§ **About this exercise**
Scan the entries for the word "rest" and return every line that has it.
[[ Entries shown open ]]
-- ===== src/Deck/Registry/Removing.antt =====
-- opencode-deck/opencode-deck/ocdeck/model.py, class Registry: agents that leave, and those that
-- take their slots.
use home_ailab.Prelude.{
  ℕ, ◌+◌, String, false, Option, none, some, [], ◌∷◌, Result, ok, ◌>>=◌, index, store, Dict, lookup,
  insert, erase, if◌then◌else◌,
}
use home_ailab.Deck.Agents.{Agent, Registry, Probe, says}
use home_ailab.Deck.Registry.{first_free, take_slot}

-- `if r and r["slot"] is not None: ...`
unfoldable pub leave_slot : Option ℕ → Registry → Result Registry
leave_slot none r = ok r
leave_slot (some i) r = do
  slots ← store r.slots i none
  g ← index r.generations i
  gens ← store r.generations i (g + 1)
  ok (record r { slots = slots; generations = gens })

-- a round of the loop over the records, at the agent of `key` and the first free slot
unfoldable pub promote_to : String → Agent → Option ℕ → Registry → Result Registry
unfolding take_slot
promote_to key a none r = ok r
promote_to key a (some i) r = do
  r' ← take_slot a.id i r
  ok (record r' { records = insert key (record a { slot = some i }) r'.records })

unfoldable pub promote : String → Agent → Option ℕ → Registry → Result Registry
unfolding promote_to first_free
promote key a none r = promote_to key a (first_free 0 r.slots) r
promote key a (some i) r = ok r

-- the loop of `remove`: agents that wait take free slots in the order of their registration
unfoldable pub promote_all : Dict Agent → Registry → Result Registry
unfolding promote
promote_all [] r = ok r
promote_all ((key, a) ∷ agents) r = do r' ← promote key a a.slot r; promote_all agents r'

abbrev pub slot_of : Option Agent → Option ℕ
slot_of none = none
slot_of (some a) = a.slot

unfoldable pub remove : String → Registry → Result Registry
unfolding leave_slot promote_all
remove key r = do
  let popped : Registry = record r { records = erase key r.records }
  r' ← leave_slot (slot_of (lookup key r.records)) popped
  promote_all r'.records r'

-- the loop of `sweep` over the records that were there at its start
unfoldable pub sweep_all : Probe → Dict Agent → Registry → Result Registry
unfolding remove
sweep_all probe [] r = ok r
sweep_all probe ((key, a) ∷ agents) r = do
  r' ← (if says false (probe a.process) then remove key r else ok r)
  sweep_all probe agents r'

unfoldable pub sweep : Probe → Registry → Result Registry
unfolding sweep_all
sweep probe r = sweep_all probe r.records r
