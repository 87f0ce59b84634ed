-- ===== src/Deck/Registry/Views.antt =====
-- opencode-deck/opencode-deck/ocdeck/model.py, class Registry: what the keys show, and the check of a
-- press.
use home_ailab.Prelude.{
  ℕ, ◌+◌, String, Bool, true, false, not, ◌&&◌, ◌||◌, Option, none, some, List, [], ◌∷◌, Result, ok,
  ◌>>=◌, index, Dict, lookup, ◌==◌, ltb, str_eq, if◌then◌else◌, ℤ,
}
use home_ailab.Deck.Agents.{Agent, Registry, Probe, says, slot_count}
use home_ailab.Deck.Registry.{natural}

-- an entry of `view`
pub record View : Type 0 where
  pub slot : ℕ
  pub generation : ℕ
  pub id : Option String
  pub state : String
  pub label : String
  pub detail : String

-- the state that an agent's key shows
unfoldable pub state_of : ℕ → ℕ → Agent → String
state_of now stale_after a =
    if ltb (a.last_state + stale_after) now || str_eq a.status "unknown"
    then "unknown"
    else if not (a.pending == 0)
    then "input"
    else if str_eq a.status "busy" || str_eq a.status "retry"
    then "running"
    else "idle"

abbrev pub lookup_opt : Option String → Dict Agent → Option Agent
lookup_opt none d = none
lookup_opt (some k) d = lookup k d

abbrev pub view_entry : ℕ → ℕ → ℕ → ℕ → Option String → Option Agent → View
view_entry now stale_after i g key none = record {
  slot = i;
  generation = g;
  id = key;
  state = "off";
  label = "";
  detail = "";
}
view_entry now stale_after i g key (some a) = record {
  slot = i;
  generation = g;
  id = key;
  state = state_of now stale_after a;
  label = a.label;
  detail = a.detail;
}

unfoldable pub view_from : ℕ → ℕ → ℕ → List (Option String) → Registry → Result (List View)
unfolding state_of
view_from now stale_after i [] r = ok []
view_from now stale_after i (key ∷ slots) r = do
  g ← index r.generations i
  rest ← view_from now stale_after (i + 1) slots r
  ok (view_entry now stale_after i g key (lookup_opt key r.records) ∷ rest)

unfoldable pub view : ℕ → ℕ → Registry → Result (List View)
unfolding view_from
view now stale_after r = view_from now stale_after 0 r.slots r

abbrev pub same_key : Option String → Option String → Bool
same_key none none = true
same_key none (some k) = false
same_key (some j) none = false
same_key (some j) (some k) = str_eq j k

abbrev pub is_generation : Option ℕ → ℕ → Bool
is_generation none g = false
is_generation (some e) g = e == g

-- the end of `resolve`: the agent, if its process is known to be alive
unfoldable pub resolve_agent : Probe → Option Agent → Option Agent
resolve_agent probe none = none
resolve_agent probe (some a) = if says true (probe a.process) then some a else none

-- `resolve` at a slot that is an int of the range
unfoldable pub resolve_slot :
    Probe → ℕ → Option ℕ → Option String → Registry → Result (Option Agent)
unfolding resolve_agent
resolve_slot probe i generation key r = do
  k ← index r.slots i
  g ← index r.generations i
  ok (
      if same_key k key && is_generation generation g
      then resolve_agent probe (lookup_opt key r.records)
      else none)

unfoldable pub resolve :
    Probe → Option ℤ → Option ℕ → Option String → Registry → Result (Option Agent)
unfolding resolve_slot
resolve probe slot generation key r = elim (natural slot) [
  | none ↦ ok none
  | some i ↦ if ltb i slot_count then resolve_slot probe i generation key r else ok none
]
[[ Entries shown closed ]]
§ **Worked solution**
  rest ← view_from now stale_after (i + 1) slots r
  ok (view_entry now stale_after i g key (lookup_opt key r.records) ∷ rest)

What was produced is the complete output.